Write out again the entries from the first line to the line that includes "(r : List Money) (i j", keeping both of those lines.
*** Opening Excerpted data ***
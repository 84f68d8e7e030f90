-- ===== src/Fees/Buckets/Writes.antt =====
-- Writing the shares of a bucket into the result list.
use sim_trade.Prelude.{
  ℕ, zero, suc, ◌≤◌, ◌≡◌, ◌∙◌, ◌≢◌, refl, ap, some, List, [], ◌∷◌, length, get_elem?, set, arith,
  All, length-set,
}
use sim_trade.Prelude.Int.{pos, ◌+ℤ◌, ◌≤ℤ◌, int_laws}
use sim_trade.Money.{Money}
use sim_trade.Fees.Buckets.{write_shares}
use sim_trade.Fees.Buckets.Grouping.{occurs}
use sim_trade.Fees.Buckets.Shares.{sum_money}

get_elem?-set :
    (r : List Money) (i j : ℕ) (v : Money) → (j ≡ i → ⊥) → get_elem? (set r i v) j ≡ get_elem? r j
get_elem?-set [] i j v h = refl
get_elem?-set (x ∷ r) zero zero v h = absurd (h refl)
get_elem?-set (x ∷ r) zero (suc j) v h = refl
get_elem?-set (x ∷ r) (suc i) zero v h = refl
get_elem?-set (x ∷ r) (suc i) (suc j) v h = get_elem?-set r i j v (λ e. h (ap suc e))

-- A write over a zero adds its value to the sum.
sum_money-set :
    (r : List Money) (i : ℕ) (v : Money)
    → get_elem? r i ≡ some (pos 0)
    → sum_money (set r i v) ≡ sum_money r +ℤ v
sum_money-set [] i v h = cc
sum_money-set (x ∷ r) zero v h = let e : x ≡ pos 0 = cc in rw e (omega int_laws)
sum_money-set (x ∷ r) (suc i) v h = rw (sum_money-set r i v h) (omega int_laws)

occurs_self : (i : ℕ) (is : List ℕ) → 1 ≤ occurs i (i ∷ is)
occurs_self i is = ground arith

ne_of_occurs : (j i : ℕ) (is : List ℕ) → occurs j (i ∷ is) ≤ occurs j is → j ≢ i
ne_of_occurs j i is h e = ground arith

ne_of_once : (j i : ℕ) (is : List ℕ) → 1 ≤ occurs j is → occurs j (i ∷ is) ≤ 1 → j ≢ i
ne_of_once j i is m h e = ground arith

le_later : (j i : ℕ) (is : List ℕ) → 1 ≤ occurs j is → 1 ≤ occurs j (i ∷ is)
le_later j i is m = omega arith

le_rest : (j i : ℕ) (is : List ℕ) → occurs j (i ∷ is) ≤ 1 → occurs j is ≤ 1
le_rest j i is h = omega arith

-- An index that no write names keeps its value.
pub get_elem?-write_shares :
    (is : List ℕ) (ss r : List Money) (j : ℕ)
    → occurs j is ≡ 0
    → get_elem? (write_shares is ss r) j ≡ get_elem? r j
unfolding write_shares
get_elem?-write_shares [] ss r j h = refl
get_elem?-write_shares (i ∷ is) [] r j h = refl
get_elem?-write_shares (i ∷ is) (s ∷ ss) r j h =
    get_elem?-write_shares is ss (set r i s) j (omega arith)
    ∙ get_elem?-set r i j s (λ same. absurd (ne_of_occurs j i is (omega arith) same))

pub sum_money-write_shares :
    (is : List ℕ) (ss r : List Money)
    → length ss ≡ length is
    → ((j : ℕ) → occurs j is ≤ 1)
    → ((j : ℕ) → 1 ≤ occurs j is → get_elem? r j ≡ some (pos 0))
    → sum_money (write_shares is ss r) ≡ sum_money r +ℤ sum_money ss
unfolding write_shares
sum_money-write_shares [] [] r e once zeros = omega int_laws
sum_money-write_shares [] (s ∷ ss) r e once zeros = absurd (omega arith)
sum_money-write_shares (i ∷ is) [] r e once zeros = absurd (omega arith)
sum_money-write_shares (i ∷ is) (s ∷ ss) r e once zeros =
    let zero_at = zeros i (occurs_self i is) in
    let once' = λ (j : ℕ). le_rest j i is (once j) in
    let zeros' = λ (j : ℕ) (m : 1 ≤ occurs j is).
      get_elem?-set r i j s (ne_of_once j i is m (once j)) ∙ zeros j (le_later j i is m) in
    let ih = sum_money-write_shares is ss (set r i s) (omega arith) once' zeros' in
    rw (ih, sum_money-set r i s zero_at) (omega int_laws)

abbrev pub NonNegative : Money → Type 0
NonNegative m = pos 0 ≤ℤ m

set-NonNegative :
    (r : List Money) (i : ℕ) (v : Money)
    → All NonNegative r
    → NonNegative v
    → All NonNegative (set r i v)
set-NonNegative [] i v h p = tt
set-NonNegative (x ∷ r) zero v h p = (p, h.1)
set-NonNegative (x ∷ r) (suc i) v h p = (h.0, set-NonNegative r i v h.1 p)

pub write_shares-NonNegative :
    (is : List ℕ) (ss r : List Money)
    → All NonNegative ss
    → All NonNegative r
    → All NonNegative (write_shares is ss r)
unfolding write_shares
write_shares-NonNegative [] ss r hs hr = hr
write_shares-NonNegative (i ∷ is) [] r hs hr = hr
write_shares-NonNegative (i ∷ is) (s ∷ ss) r hs hr =
    write_shares-NonNegative is ss (set r i s) hs.1 (set-NonNegative r i s hr hs.0)

pub length-write_shares :
    (is : List ℕ) (ss r : List Money) → length (write_shares is ss r) ≡ length r
unfolding write_shares
length-write_shares [] ss r = refl
length-write_shares (i ∷ is) [] r = refl
length-write_shares (i ∷ is) (s ∷ ss) r = length-write_shares is ss (set r i s) ∙ length-set r i s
*** Closing Excerpted data ***
Task response:
repository 84f68d8e7e030f90
-- ===== src/Fees/Buckets/Writes.antt =====
-- Writing the shares of a bucket into the result list.
use sim_trade.Prelude.{
  ℕ, zero, suc, ◌≤◌, ◌≡◌, ◌∙◌, ◌≢◌, refl, ap, some, List, [], ◌∷◌, length, get_elem?, set, arith,
  All, length-set,
}
use sim_trade.Prelude.Int.{pos, ◌+ℤ◌, ◌≤ℤ◌, int_laws}
use sim_trade.Money.{Money}
use sim_trade.Fees.Buckets.{write_shares}
use sim_trade.Fees.Buckets.Grouping.{occurs}
use sim_trade.Fees.Buckets.Shares.{sum_money}

get_elem?-set :
    (r : List Money) (i j : ℕ) (v : Money) → (j ≡ i → ⊥) → get_elem? (set r i v) j ≡ get_elem? r j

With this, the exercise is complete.